Stored data:
-- ===== src/Examples/Orders.antt =====
-- An order of ten shares that is filled in parts, and the theorems of the order manager at it.
use short_trading_bot.Base.{
  ℕ, ◌+◌, ◌≤◌, ◌<◌, ◌≡◌, refl, ◌↔◌, ◌⊎◌, inl, true, false, Option, none, some, [], ◌∷◌, All, length,
  arith,
}
use short_trading_bot.Base.Int.{pos}
use short_trading_bot.Domain.Enums.{
  krx, d1, nasd, krw, buy, PositionState, OrderState, unknown, new, filled, rejected, expired,
}
use short_trading_bot.Domain.Signal.{OrdDvsn}
use short_trading_bot.Domain.Position.{apply_fill}
use short_trading_bot.Execution.Types.{Fill, OrderRequest, OrderAck, paper}
use short_trading_bot.Execution.Store.{Store, Order, PositionRow, known, find_order, filled_of}
use short_trading_bot.Execution.OrderManager.{
  Response, acked, refused, failed, returned, handle_fill, submit, existing_ack, project,
  is_open_state, expire_stale,
}
use short_trading_bot.Execution.OrderManager.Fills.{filled_iff, filled_early}
use short_trading_bot.Execution.OrderManager.Submission.{
  IsRunning, is_own, submit_again, submit_outcome,
}
use short_trading_bot.Execution.OrderManager.Projection.{
  Agrees, Follows, to_lot, project-Agrees, project-Follows,
}
use short_trading_bot.Execution.OrderManager.Expiry.{IsCurrent, expire_stale_lem}
use short_trading_bot.Examples.Lots.{floor, fresh}

-- the evening of a day, in seconds of the epoch
abbrev pub evening : ℕ
evening = 1_750_000_000

abbrev pub order : Order
order = record {
  order_id = 70;
  lot_id = 1;
  client_order_id = 7;
  broker_order_no = some 555;
  tr_id = none;
  ord_dvsn = OrdDvsn.limit;
  side = buy;
  qty = 10;
  price = 100;
  state = new;
  created_at = evening;
}

abbrev pub position : PositionRow
position = record {
  lot_id = 1;
  ticker = 5930;
  market = known krx;
  currency = krw;
  resolution = d1;
  state = PositionState.watching;
  qty_filled = 0;
  avg_entry_price = 0;
  realized_pnl = pos 0;
  initial_stop = 0;
  peak_price = 0;
  tp_rungs_taken = 0;
  original_qty = 0;
  closed_at = none;
}

abbrev pub store : OrderState → Store
store s = record {
  orders = record order { state = s } ∷ [];
  fills = [];
  positions = position ∷ [];
  audit = [];
  column = λ n. n;
}

abbrev pub part : ℕ → Fill
part q = record {
  client_order_id = 7;
  qty = q;
  price = 100;
  fee = 1;
  tax = 0;
  currency = krw;
  ts = none;
  source = paper;
}

filled_iff_example :
    (filled ≡ filled)
    ↔ (10 ≤ filled_of 70 (handle_fill true floor evening (part 5) (store new)).fills + 5)
unfolding handle_fill
filled_iff_example =
    filled_iff true floor evening (part 5) (store new) {o' = record order { state = filled }} refl
      (λ e. cc) (λ e. cc) refl

-- Half of the order is enough.
filled_early_example :
    (filled ≡ filled)
    × (filled_of 70 (handle_fill true floor evening (part 5) (store new)).fills < 10)
unfolding handle_fill is_open_state
filled_early_example =
    filled_early floor evening (part 5) (store new) {o' = record order { state = filled }} refl refl
      (omega arith) (omega arith) refl

abbrev request : OrderRequest
request = record {
  client_order_id = 7;
  lot_id = 1;
  ticker = 5930;
  market = krx;
  side = buy;
  qty = 10;
  price = 100;
  ord_dvsn = OrdDvsn.limit;
}

abbrev accepted_ack : OrderAck
accepted_ack = record {
  client_order_id = 7;
  accepted = true;
  broker_order_no = some 555;
  tr_id = none;
  reject_reason = none;
}

-- a broker that fills four shares at once, and one whose line breaks
abbrev quick : OrderRequest → Response
quick req = (part 4 ∷ [], acked accepted_ack)

abbrev broken : OrderRequest → Response
broken req = ([], failed)

abbrev empty_store : Store
empty_store = record {
  orders = [];
  fills = [];
  positions = position ∷ [];
  audit = [];
  column = λ n. n;
}

submit_again_example :
    let st' = (submit true floor evening 70 broken request empty_store).0 in
    (o : Order) × (find_order 7 st'.orders ≡ some o)
    × (submit true floor evening 71 quick request st' ≡ (st', returned (existing_ack request o)))
submit_again_example = submit_again true floor evening 70 71 broken quick request empty_store

submit_outcome_example :
    (o : Order) × (find_order 7 (submit true floor evening 70 quick request empty_store).0.orders
      ≡ some o)
    × (acked accepted_ack ≡ failed → o.state ≡ unknown)
    × ((text : ℕ) → acked accepted_ack ≡ refused text → o.state ≡ rejected)
    × ((ack : OrderAck)
        → acked accepted_ack ≡ acked ack
        → ack.accepted ≡ false
        → o.state ≡ rejected)
    × ((ack : OrderAck)
        → acked accepted_ack ≡ acked ack
        → ack.accepted ≡ true
        → (o.state ≡ new) ⊎ IsRunning o)
    × ((ack : OrderAck)
        → acked accepted_ack ≡ acked ack
        → ack.accepted ≡ true
        → is_own 7 (part 4 ∷ []) ≡ true
        → IsRunning o)
submit_outcome_example = submit_outcome true floor evening 70 quick request empty_store refl

-- a broker that completes the order before it takes note of the cancellation
abbrev racing : OrderRequest → Option ℕ → Response
racing req number = (part 10 ∷ [], acked accepted_ack)

project-Agrees_example :
    Agrees
      (apply_fill floor (to_lot buy false (part 4)) fresh).0
      (project floor evening buy (part 4) position)
project-Agrees_example =
    project-Agrees floor evening buy false (part 4) fresh position (ground arith)

project-Follows_example :
    Follows
      (project floor evening buy (part 4) position).state
      (apply_fill floor (to_lot buy false (part 4)) fresh).0.state
project-Follows_example =
    project-Follows floor evening buy false (part 4) fresh position (ground arith) (omega arith)
      (λ e. cc) (inl refl)

-- three days later
abbrev later_on : ℕ
later_on = 1_750_259_200

expire_stale_lem_example :
    let (st', count) = expire_stale later_on [] (store new) in
    All (IsCurrent later_on [] (position ∷ [])) st'.orders
    × ((cid : ℕ) (o : Order)
        → find_order cid (store new).orders ≡ some o
        → (IsCurrent later_on [] (position ∷ []) o → find_order cid st'.orders ≡ some o)
          × (¬ IsCurrent later_on [] (position ∷ []) o
              → find_order cid st'.orders ≡ some (record o { state = expired })))
    × (length st'.audit ≡ 0 + count)
    × (st'.positions ≡ position ∷ [])
    × (st'.fills ≡ [])
expire_stale_lem_example = expire_stale_lem later_on [] (store new)

abbrev abroad : Store
abroad = record {
  orders = order ∷ [];
  fills = [];
  positions = record position { market = known nasd } ∷ [];
  audit = [];
  column = λ n. n;
}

■ WHAT TO DO ■
Your answer should consist of the lines above that hold the word "Response", copied exactly.

■ RESULT FOR THIS TASK ■
  Response, acked, refused, failed, returned, handle_fill, submit, existing_ack, project,
abbrev quick : OrderRequest → Response
abbrev broken : OrderRequest → Response
abbrev racing : OrderRequest → Option ℕ → Response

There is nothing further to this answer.